=== INPUT RECORDS ===
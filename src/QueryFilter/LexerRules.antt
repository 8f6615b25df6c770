-- ===== src/QueryFilter/LexerRules.antt =====
-- The methods of QueryFilter/Lexer end and move on; `parse_field` returns a field that is allowed.
use verisearch.Prelude.{
  ℕ, zero, suc, ◌≤◌, ◌<◌, ◌≡◌, refl, Bool, true, false, ◌||◌, Option, none, some, List, [], ◌∷◌,
  ◌==◌, ltb, Str, codes, length, length-drop, arith, any, All, str_eq, str_eq_iff, is_empty, ◌⊎◌,
  inl, inr, Bool-cases,
}
use verisearch.QueryFilter.Host.{Host}
use verisearch.QueryFilter.State.{State, error, advance, pure, ◌>>=◌, metadata_segment_length}
use verisearch.QueryFilter.Lexer.{
  get, modify, advance_while, skip_whitespace, expect_char, valid_fields, join_dots, bad_segment,
  check_field, is_word, keyword_matches, match_keyword, parse_identifier, dotted_parts, parse_field,
  taken_while,
}
use verisearch.QueryFilter.Rules.{
  Ensures, Ensures-map, Steps, Steps-refl, Steps-trans, Gives, Any, Gives-pure, Gives-error,
  Gives-if, Gives-option, From, From-bind, peek-From, modify-From, elim-From, Gives-get,
  advance_shorter, Gives-modify, Gives-peek, Gives-bind, advance_while-Steps, skip_whitespace-Steps,
  advance-Steps, skip-Steps,
}

pub blank-Gives : Gives Any (modify skip_whitespace)
blank-Gives = Gives-modify skip_whitespace skip_whitespace-Steps

pub advance-Gives : Gives Any (modify advance)
advance-Gives = Gives-modify advance advance-Steps

pub expect_char-Gives : (ch : ℕ) → Gives Any (expect_char ch)
unfolding expect_char
expect_char-Gives ch = Gives-bind Any Any _ _ blank-Gives λ _ _.
    Gives-bind Any Any _ _ Gives-peek λ c _.
      Gives-option Any c _ _ (Gives-error Any _)
        λ got. Gives-if Any (got == ch) _ _ (λ _. advance-Gives) (λ _. Gives-error Any _)

-- The segments of a metadata key are 1 to 128 code points long.
abbrev pub IsSegment : Str → Type 0
IsSegment segment = (1 ≤ length segment) × (length segment ≤ 128)

-- A field as the parser admits it: one of the fixed names, or `metadata` with a key behind it.
abbrev pub IsFieldPath : Str → List Str → Type 0
IsFieldPath top parts =
    (any (str_eq top) valid_fields ≡ true)
    ⊎ (top ≡ codes "metadata") × (1 ≤ length parts) × All IsSegment parts

pub record IsField (field : Str) : Type 0 where
  pub top : Str
  pub parts : List Str
  pub joined : field ≡ join_dots top parts
  pub allowed : IsFieldPath top parts

bad_segment-none : (parts : List Str) → bad_segment parts ≡ none → All IsSegment parts
unfolding bad_segment
bad_segment-none [] h = tt
bad_segment-none (p ∷ parts) h = elim (Bool-cases (ltb (length p) 1 || ltb 128 (length p))) [
  | inl bad ↦ ground arith
  | inr good ↦ ((ground arith, ground arith), bad_segment-none parts (ground arith))
]

segments-Gives :
    (top : Str) (parts : List Str) (bad : Option Str)
    → top ≡ codes "metadata"
    → 1 ≤ length parts
    → (bad ≡ none → All IsSegment parts)
    → Gives {A = Unit {0}}
        (λ _. IsFieldPath top parts)
        (elim bad [
          | none ↦ pure tt
          | some segment ↦ error (metadata_segment_length (length segment))
        ])
segments-Gives top parts none e n h = Gives-pure _ tt (inr (e, n, h refl))
segments-Gives top parts (some segment) e n h = Gives-error _ _

not_empty : {A : Type 0} (xs : List A) → is_empty xs ≡ false → 1 ≤ length xs
not_empty [] h = cc
not_empty (x ∷ xs) h = omega arith

pub check_field-Gives :
    (top : Str) (parts : List Str) → Gives (λ _. IsFieldPath top parts) (check_field top parts)
unfolding check_field
check_field-Gives top parts =
    Gives-if _ (str_eq top (codes "metadata")) _ _
      (λ meta.
        Gives-if _ (is_empty parts) _ _ (λ _. Gives-error _ _)
          (λ some_key.
            segments-Gives top parts (bad_segment parts) ((str_eq_iff _ _).0 meta)
              (not_empty parts some_key) (bad_segment-none parts)))
      (λ _.
        Gives-if _ (any (str_eq top) valid_fields) _ _ (λ known. Gives-pure _ tt (inl known))
          (λ _. Gives-error _ _))

module _ {F : Type 0} (host : Host F) where
  -- `match_keyword` has consumed the keyword if it returns true.
  abbrev pub Shorter : State → Bool → State → Type 0
  Shorter s found t = Steps s t × (found ≡ true → length t.rest < length s.rest)

  keyword_fits :
      (keyword rest : Str) → keyword_matches host keyword rest ≡ true → length keyword ≤ length rest
  unfolding keyword_matches
  keyword_fits keyword rest h = ground arith

  pub match_keyword-Shorter :
      (keyword : Str) (s : State)
      → 1 ≤ length keyword
      → Ensures (Shorter s) (match_keyword host keyword s)
  unfolding match_keyword ◌>>=◌
  match_keyword-Shorter keyword s long =
      let t = skip_whitespace s in
      let blank : Steps s t = skip_whitespace-Steps s in
      elim (Bool-cases (keyword_matches host keyword t.rest)) [
        | inl hit ↦ rw hit (
          Steps-trans blank (skip-Steps (length keyword) t),
          λ _. omega (arith, keyword_fits keyword t.rest hit, length-drop (length keyword) t.rest),
        )
        | inr miss ↦ rw miss (blank, λ e. cc)
      ]

  pub match_keyword-Gives :
      (keyword : Str) → 1 ≤ length keyword → Gives Any (match_keyword host keyword)
  match_keyword-Gives keyword long = record {
    at = λ s.
        Ensures-map (Shorter s) (λ _ t. Steps s t × Unit) _ (match_keyword-Shorter keyword s long)
          (λ b t h. (h.0, tt));
  }

  pub parse_identifier-Gives : Gives Any (parse_identifier host)
  unfolding parse_identifier
  parse_identifier-Gives = Gives-bind Any Any _ _ blank-Gives λ _ _.
      Gives-bind Any Any _ _ Gives-peek λ c _. Gives-option Any c _ _ (Gives-error Any _) λ ch.
        Gives-if Any (host.is_alpha ch || ch == b'_') _ _ (λ _. word ch) (λ _. Gives-error Any _)
    where
      scan : Gives Any (modify (advance_while (is_word host)))
      scan = Gives-modify _ (advance_while-Steps (is_word host))

      word :
          (ch : ℕ)
          → Gives Any (
              modify advance >>= λ _. get >>= λ s. modify (advance_while (is_word host)) >>= λ _.
              pure (ch ∷ taken_while (is_word host) s.rest))
      word ch =
          Gives-bind Any Any _ _ advance-Gives λ _ _.
            Gives-get Any _ λ s. (Gives-bind Any Any _ _ scan λ _ _. Gives-pure Any _ tt).at s

  -- The loop over dotted parts ends: each round passes a dot.
  dotted_parts-From :
      (fuel : ℕ) (s : State) → length s.rest < fuel → From s Any (dotted_parts host fuel s)
  unfolding dotted_parts
  dotted_parts-From zero s h = absurd (omega arith)
  dotted_parts-From (suc fuel) s h =
      peek-From Any s _ (λ _. (Steps-refl s, tt))
        λ ch e.
          elim-From Any s (ch == b'.') _ _
            (λ _. modify-From Any s advance _ (advance-Steps s) (
              From-bind Any Any (advance s) _ _ (parse_identifier-Gives.at (advance s))
                λ part t p _.
                  From-bind Any Any t _ _
                    (dotted_parts-From fuel t (omega (arith, advance_shorter s ch e)))
                    λ parts u q _. (Steps-refl u, tt)))
            (λ _. (Steps-refl s, tt))

  pub parse_field-Gives : Gives IsField (parse_field host)
  unfolding parse_field
  parse_field-Gives = Gives-bind Any IsField _ _ blank-Gives λ _ _.
      Gives-bind Any IsField _ _ parse_identifier-Gives λ top _. Gives-get IsField _ λ s.
        From-bind Any IsField s _ _ (dotted_parts-From (suc (length s.rest)) s (omega arith))
          λ parts t p _.
            (Gives-bind (λ _. IsFieldPath top parts) IsField _ _ (check_field-Gives top parts)
                λ _ allowed.
                  Gives-pure IsField (join_dots top parts)
                    (record { top = top; parts = parts; joined = refl; allowed = allowed })).at
              t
===
- [EXERCISE BRIEF]:
Look above for the line with "pub blank-Gives : Gives" and the line with "-- A field as". Retype those two lines and every line between them exactly, adding nothing.

- [TASK RESULT]:
pub blank-Gives : Gives Any (modify skip_whitespace)
blank-Gives = Gives-modify skip_whitespace skip_whitespace-Steps

pub advance-Gives : Gives Any (modify advance)
advance-Gives = Gives-modify advance advance-Steps

pub expect_char-Gives : (ch : ℕ) → Gives Any (expect_char ch)
unfolding expect_char
expect_char-Gives ch = Gives-bind Any Any _ _ blank-Gives λ _ _.
    Gives-bind Any Any _ _ Gives-peek λ c _.
      Gives-option Any c _ _ (Gives-error Any _)
        λ got. Gives-if Any (got == ch) _ _ (λ _. advance-Gives) (λ _. Gives-error Any _)

-- The segments of a metadata key are 1 to 128 code points long.
abbrev pub IsSegment : Str → Type 0
IsSegment segment = (1 ≤ length segment) × (length segment ≤ 128)

-- A field as the parser admits it: one of the fixed names, or `metadata` with a key behind it.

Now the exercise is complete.